In integration tests, this makes your tests flaky because the result depends on whether the page has finished loading:
  • assert page.has_selector?('a', text: 'foo')  # Danger!
  • Instead, do this:
  • assert_selector('a', text: 'foo')
  • This lets Capybara wait for the selector to appear.

AJAX using Rails UJS (remote:true with JavaScript response)

This pattern is the best way to make a button/link that invokes an asynchronous action on the Workbench server side, i.e., before/without navigating away from the current page.

  1. Add remote: true to a link or button. This makes Rails put a data-remote="true" attribute in the HTML element. Say, in app/views/fizz_buzzes/index.html.erb:
    <%= link_to "Blurfl", blurfl_fizz_buzz_url(id: @object.uuid), {class: 'btn btn-primary', remote: true} %>
  2. Ensure the targeted action responds appropriately to both "js" and "html" requests. At minimum:
    class FizzBuzzesController
      def blurfl
        @howmany = 1
        respond_to do |format|
  3. The html view is used if this is a normal page load (presumably this means the client has turned off JS).
    • app/views/fizz_buzz/blurfl.html.erb
      <p>I am <%= @howmany %></p>
  4. The js view is used if this is an AJAX request.

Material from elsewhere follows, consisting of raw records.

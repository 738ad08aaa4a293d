-- ===== src/Reconciliation/Tests.antt =====
-- Imports and reviews of a few rows.
use challanse_website.Reviews.{of_receipt, upsert_verified}
use challanse_website.Reconciliation.{
  Csv, thousandths, RawRow, PurchaseOrderRow, Books, normalize_unit, parse_tally_csv,
  import_tally_csv,
}
use challanse_website.Reconciliation.Deltas.{
  VerifiedReviewEvent, record_verified_review, reconciliation_for_site, delta_rows, first_of_each,
}
use challanse_website.Reconciliation.Orders.{IsComplete, Unique, parse_tally_csv-AreOrders}
use challanse_website.Reconciliation.Imports.{ImportCall, run_imports, import_again}
use challanse_website.Reconciliation.Received.{record_all, record_again}
use challanse_website.Reconciliation.Convergence.{AllAgree, record_all-any_order}
use mathlib.Core.List.{Permᴰ}
use challanse_website.Prelude.{
  arith, find?, ℕ, String, ◌≡◌, refl, true, false, some, List, [], ◌∷◌, ◌<◌, ◌==◌, nat_eq,
  string_eq, if◌then◌else◌, ok, All, length, sort_by, insert_by,
}

abbrev raw : String → String → RawRow
raw material unit = record {
  po_number = some "PO-1";
  material_code = some material;
  quantity = some "50";
  unit = some unit;
}

-- Two files: "a" with two orders, and "b" with the first of them.
abbrev file : String → List RawRow
file content =
    if content == "a" then raw "CEM" "BAGS" ∷ raw "ROD" "MT" ∷ [] else raw "CEM" "BAGS" ∷ []

abbrev csv : Csv
csv = record {
  fieldnames = λ content. "po_number" ∷ "material_code" ∷ "quantity" ∷ "unit" ∷ [];
  raw_rows = file;
  strip = λ t. t;
  upper = λ t. t;
  float = λ t. some (thousandths 50000);
  unix_lines = λ t. t;
  sha256 = λ t. t;
}

abbrev order : String → String → PurchaseOrderRow
order material unit = record {
  po_number = "PO-1";
  material_code = material;
  quantity = 50000;
  unit = unit;
}

abbrev orders : List PurchaseOrderRow
orders = order "CEM" "BAG" ∷ order "ROD" "MT" ∷ []

abbrev books : Books
books = record { tally_imports = []; tally_import_rows = []; verified_receipts = []; next_id = 10 }

abbrev review : ℕ → ℕ → ℕ → VerifiedReviewEvent
review id quantity version = record {
  receipt_id = id;
  organization_id = 2;
  site_id = 3;
  po_number = "PO-1";
  material_code = "CEM";
  verified_quantity = quantity;
  unit = "BAGS";
  reviewer_id = "r@example.org";
  review_version = version;
}

parse_tally_csv-AreOrders_example :
    (0 < length orders) × (length orders ≡ 2) × All IsComplete orders × Unique orders
unfolding parse_tally_csv normalize_unit
parse_tally_csv-AreOrders_example = parse_tally_csv-AreOrders csv "a" orders refl

abbrev calls : List ImportCall
calls = record { organization_id = 2; site_id = 3; imported_by = "y"; now = 6; content = "b" } ∷ []

import_again_example :
    let after = run_imports csv calls (import_tally_csv csv 2 3 "x" 5 "a" books).1 in
    import_tally_csv csv 2 3 "z" 9 "a" after ≡ (ok (10, true, 2), after)
unfolding import_tally_csv parse_tally_csv normalize_unit
import_again_example = import_again csv 2 3 "x" "z" 5 9 "a" books 10 false 2 calls refl

record_again_example :
    let after =
      record_all csv (review 7 40000 3 ∷ []) (record_verified_review csv (review 7 30000 2) []) in
    record_verified_review csv (review 7 30000 2) after ≡ after
record_again_example = record_again csv (review 7 30000 2) (review 7 40000 3 ∷ []) []

abbrev reviews : List VerifiedReviewEvent
reviews = review 7 30000 2 ∷ review 7 40000 3 ∷ []

reviews-AllAgree : AllAgree reviews
reviews-AllAgree = (
  ((λ r. (refl, refl, λ v. refl)), ((λ r. (refl, refl, λ v. ground (arith, v))), tt)),
  (((λ r. (refl, refl, λ v. ground (arith, v))), ((λ r. (refl, refl, λ v. refl)), tt)), tt),
)

record_all-any_order_example :
    find? (of_receipt 7) (record_all csv reviews [])
    ≡ find? (of_receipt 7) (record_all csv (review 7 40000 3 ∷ review 7 30000 2 ∷ []) [])
record_all-any_order_example =
    record_all-any_order csv reviews (review 7 40000 3 ∷ review 7 30000 2 ∷ []) [] 7
      ∣ Permᴰ.swap refl refl ∣₁ reviews-AllAgree

-- What the site received beyond an order is reported.
over_delivery :
    reconciliation_for_site
      (λ x y. true)
      2
      3
      (record (import_tally_csv csv 2 3 "x" 5 "b" books).1 {
        verified_receipts = record_verified_review csv (review 7 60000 2) [];
      })
    ≡ record { order = order "CEM" "BAG"; site_received = 60000; is_over = true } ∷ []
unfolding reconciliation_for_site delta_rows first_of_each import_tally_csv parse_tally_csv
    normalize_unit record_verified_review upsert_verified sort_by insert_by
over_delivery = refl
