-- ===== src/Reviews/Versions.antt =====
-- Optimistic locking: what `review_receipt` (services/enrichment/app/authoritative.py) does to the
-- versions of receipts.
use challanse_website.Pipeline.{ReceiptStatus}
use challanse_website.Reviews.{
  Reviewer, ReviewRequest, ReviewedReceipt, Desk, Texts, own_receipt, review_found, review_receipt,
}
use challanse_website.Prelude.{
  ℕ, String, ◌≡◌, refl, ap, ◌∙◌, subst, inl, inr, true, Option, none, some, List, [], ◌∷◌, arith,
  ◌<◌, ◌==◌, ◌!=◌, Bool-cases, nat_beq_iff, Result, ok, err, nat_eq,
}

-- A call of `review_receipt`.
pub record ReviewCall : Type 0 where
  pub reviewer : Reviewer
  pub receipt_id : ℕ
  pub request : ReviewRequest
  pub source_class : String
  pub now : ℕ

-- The receipt of a site is there, with a version beyond `v`.
abbrev pub IsPast : ℕ → ℕ → Option ReviewedReceipt → Type 0
IsPast site v none = ⊥
IsPast site v (some row) = (row.site_id ≡ site) × (v < row.version)

pub own_some :
    (reviewer : Reviewer) (found : Option ReviewedReceipt) (row : ReviewedReceipt)
    → own_receipt reviewer found ≡ some row
    → (found ≡ some row) × (row.site_id ≡ reviewer.site_id)
own_some reviewer none row h = ground (arith, h)
own_some reviewer (some x) row h = elim (Bool-cases (x.site_id == reviewer.site_id)) [
  | inl e ↦ let k : some x ≡ some row = rw e at h in (k, ground (arith, k, e))
  | inr e ↦ ground (arith, rw e at h)
]

module _ (texts : Texts) where
  abbrev pub call : ReviewCall → Desk → Result (ReceiptStatus × ℕ) × Desk
  call c s = review_receipt texts c.reviewer c.receipt_id c.request c.source_class c.now s

  unfoldable pub run : List ReviewCall → Desk → Desk
  run [] s = s
  run (c ∷ cs) s = run cs (call c s).1

  review_found-IsPast :
      (reviewer : Reviewer) (id : ℕ) (q : ReviewRequest) (source : String) (now : ℕ)
      (found : Option ReviewedReceipt) (site v i : ℕ) (s : Desk)
      → own_receipt reviewer (s.receipts id) ≡ found
      → IsPast site v (s.receipts i)
      → IsPast site v ((review_found texts reviewer id q source now found s).1.receipts i)
  unfolding review_found
  review_found-IsPast reviewer id q source now none site v i s at h = h
  review_found-IsPast reviewer id q source now (some row) site v i s at h =
      elim (Bool-cases (row.version != q.version)) [
        | inl e ↦ rw e h
        | inr e ↦ rw e (elim (Bool-cases (i == id)) [
          | inl same ↦
              let there = own_some reviewer (s.receipts id) row at in
              let old : IsPast site v (some row) =
                subst (IsPast site v) (ap s.receipts ((nat_beq_iff i id).0 same) ∙ there.0) h in
              rw same (old.0, omega (arith, old.1))
          | inr other ↦ rw other h
        ])
      ]

  call-IsPast :
      (c : ReviewCall) (site v i : ℕ) (s : Desk)
      → IsPast site v (s.receipts i)
      → IsPast site v ((call c s).1.receipts i)
  unfolding review_receipt
  call-IsPast c site v i s h =
      review_found-IsPast c.reviewer c.receipt_id c.request c.source_class c.now
        (own_receipt c.reviewer (s.receipts c.receipt_id)) site v i s refl h

  run-IsPast :
      (cs : List ReviewCall) (site v i : ℕ) (s : Desk)
      → IsPast site v (s.receipts i)
      → IsPast site v ((run cs s).receipts i)
  unfolding run
  run-IsPast [] site v i s h = h
  run-IsPast (c ∷ cs) site v i s h =
      run-IsPast cs site v i (call c s).1 (call-IsPast c site v i s h)

  IsPast-conflicts :
      (reviewer : Reviewer) (id : ℕ) (q : ReviewRequest) (source : String) (now : ℕ) (s : Desk)
      (there : Option ReviewedReceipt)
      → IsPast reviewer.site_id q.version there
      → review_found texts reviewer id q source now (own_receipt reviewer there) s
        ≡ (err "VERSION_CONFLICT", s)
  unfolding review_found
  IsPast-conflicts reviewer id q source now s none h = absurd h
  IsPast-conflicts reviewer id q source now s (some row) h = ground (arith, h)

  review_found-stores :
      (reviewer : Reviewer) (id : ℕ) (q : ReviewRequest) (source : String) (now : ℕ)
      (found : Option ReviewedReceipt) (s : Desk) (a : ReceiptStatus × ℕ)
      → own_receipt reviewer (s.receipts id) ≡ found
      → (review_found texts reviewer id q source now found s).0 ≡ ok a
      → IsPast reviewer.site_id q.version
          ((review_found texts reviewer id q source now found s).1.receipts id)
  unfolding review_found
  review_found-stores reviewer id q source now none s a at h = ground (arith, h)
  review_found-stores reviewer id q source now (some row) s a at h =
      elim (Bool-cases (row.version != q.version)) [
        | inl e ↦ ground (arith, rw e at h)
        | inr e ↦
            let there = own_some reviewer (s.receipts id) row at in
            let same : id == id ≡ true = (nat_beq_iff id id).1 refl in
            rw e (rw same (there.1, ground (arith, e)))
      ]

  -- After a review of a receipt is accepted, every review of the same receipt at the same site that
  -- still carries the version it was made on is refused as a conflict and changes nothing, whatever
  -- reviews of any receipts came in between: a decision is never overwritten unseen.
  pub stale_review_conflicts :
      (reviewer reviewer' : Reviewer) (id : ℕ) (q q' : ReviewRequest) (source source' : String)
      (now later : ℕ) (s : Desk) (a : ReceiptStatus × ℕ) (between : List ReviewCall)
      → (review_receipt texts reviewer id q source now s).0 ≡ ok a
      → reviewer'.site_id ≡ reviewer.site_id
      → q'.version ≡ q.version
      → let s' = run between (review_receipt texts reviewer id q source now s).1 in
        review_receipt texts reviewer' id q' source' later s' ≡ (err "VERSION_CONFLICT", s')
  unfolding review_receipt
  stale_review_conflicts reviewer reviewer' id q q' source source' now later s a between h site
        version =
      let s₁ = (review_receipt texts reviewer id q source now s).1 in
      let stored =
        review_found-stores reviewer id q source now (own_receipt reviewer (s.receipts id)) s a refl
          h in
      let past = run-IsPast between reviewer.site_id q.version id s₁ stored in
      IsPast-conflicts reviewer' id q' source' later (run between s₁) ((run between s₁).receipts id)
        (rw (site, version) past)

It renders as JavaScript code which will be executed in the browser. Say, in app/views/fizz_buzz/blurfl.js.erb:
    window.alert('I am <%= @howmany %>');
  5. The browser opens an alert box:
    I am 1
  6. A common task is to render a partial and use it to update part of the page. Say the partial is in app/views/fizz_buzz/_latest_news.html.erb:
    var new_content = "<%= escape_javascript(render partial: 'latest_news') %>";
    if ($('div#latest-news').html() != new_content)

TODO: error handling

AJAX invoked from custom JavaScript (JSON response)

(and error handling)

Add JavaScript triggers and fancy behavior

Some guidelines for implementing stuff nicely in JavaScript:
  • Don't rely on the DOM being loaded before your script is loaded.
    • If you need to inspect/alter the DOM as soon as it's loaded, make a setup function that fires on "document ready" and "ajax:complete".
    • jQuery's delegated event pattern can help keep your code clean. See http://api.jquery.com/on/
      // worse:
      $('table.fizzbuzzer tr').
          on('mouseover', function(e, xhr) {
              console.log("This only works if the table exists when this setup script is executed.");
      // better:
          on('mouseover', 'table.fizzbuzzer tr', function(e, xhr) {
              console.log("This works even if the table appears (or has the fizzbuzzer class added) later.");
  • If your code really only makes sense for a particular view, rather than embedding <script> tags in the middle of the page,
    • use this:
      <% content_for :js do %>
      console.log("hurray, this goes in HEAD");
      <% end %>
    • or, if your code should run after [most of] the DOM is loaded:
      <% content_for :footer_js do %>
      console.log("hurray, this runs at the bottom of the BODY element in the default layout.");
      <% end %>
  • Don't just write JavaScript on the fizz_buzzes/blurfl page and rely on the fact that the only table element on the page is the one you want to attach your special behavior to. Instead, add a class to the table, and use a jQuery selector to attach special behavior to it.
    • In app/views/fizz_buzzes/blurfl.html.erb
      <table class="fizzbuzzer">
    • In app/assets/javascripts/fizz_buzzes.js
      <% content_for :js do %>
      $(document).on('mouseover', 'table.fizzbuzzer tr', function() {
      <% end %>
    • Advantage: You can reuse the special behavior in other tables/pages/classes
    • Advantage: The JavaScript can get compiled, minified, cached in the browser, etc., instead of being rendered with every page view
    • Advantage: The JavaScript code is available regardless of how the content got into the DOM (regular page view, partial update with AJAX)
  • If the result of clicking on some link invokes Javascript that will ultimately change the content of the current page using window.location.href= then it is advisable to add to the link the force-cache-reload CSS class. By doing so, when a user uses the browser-back button to return to the original page, it will be forced to reload itself from the server, thereby reflecting the updated content. (Ref: https://arvados.org/issues/3634)

Invoking chooser

Example from app/views/projects/_show_contents.html.erb:

    <%= link_to(
            title: 'Add data to project:',
            multiple: true,
            action_name: 'Add',
            action_href: actions_path(id: @object.uuid),
            action_method: 'post',
            action_data: {selection_param: 'selection[]', copy_selections_into_project: @object.uuid, success: 'page-refresh'}.to_json),
          { class: "btn btn-primary btn-sm", remote: true, method: 'get', data: {'event-after-select' => 'page-refresh'} }) do %>
      <i class="fa fa-fw fa-plus"></i> Add data...
    <% end %>



Infinite scroll

When showing a list that might be too long to render up front in its entirety, use the infinite-scroll feature.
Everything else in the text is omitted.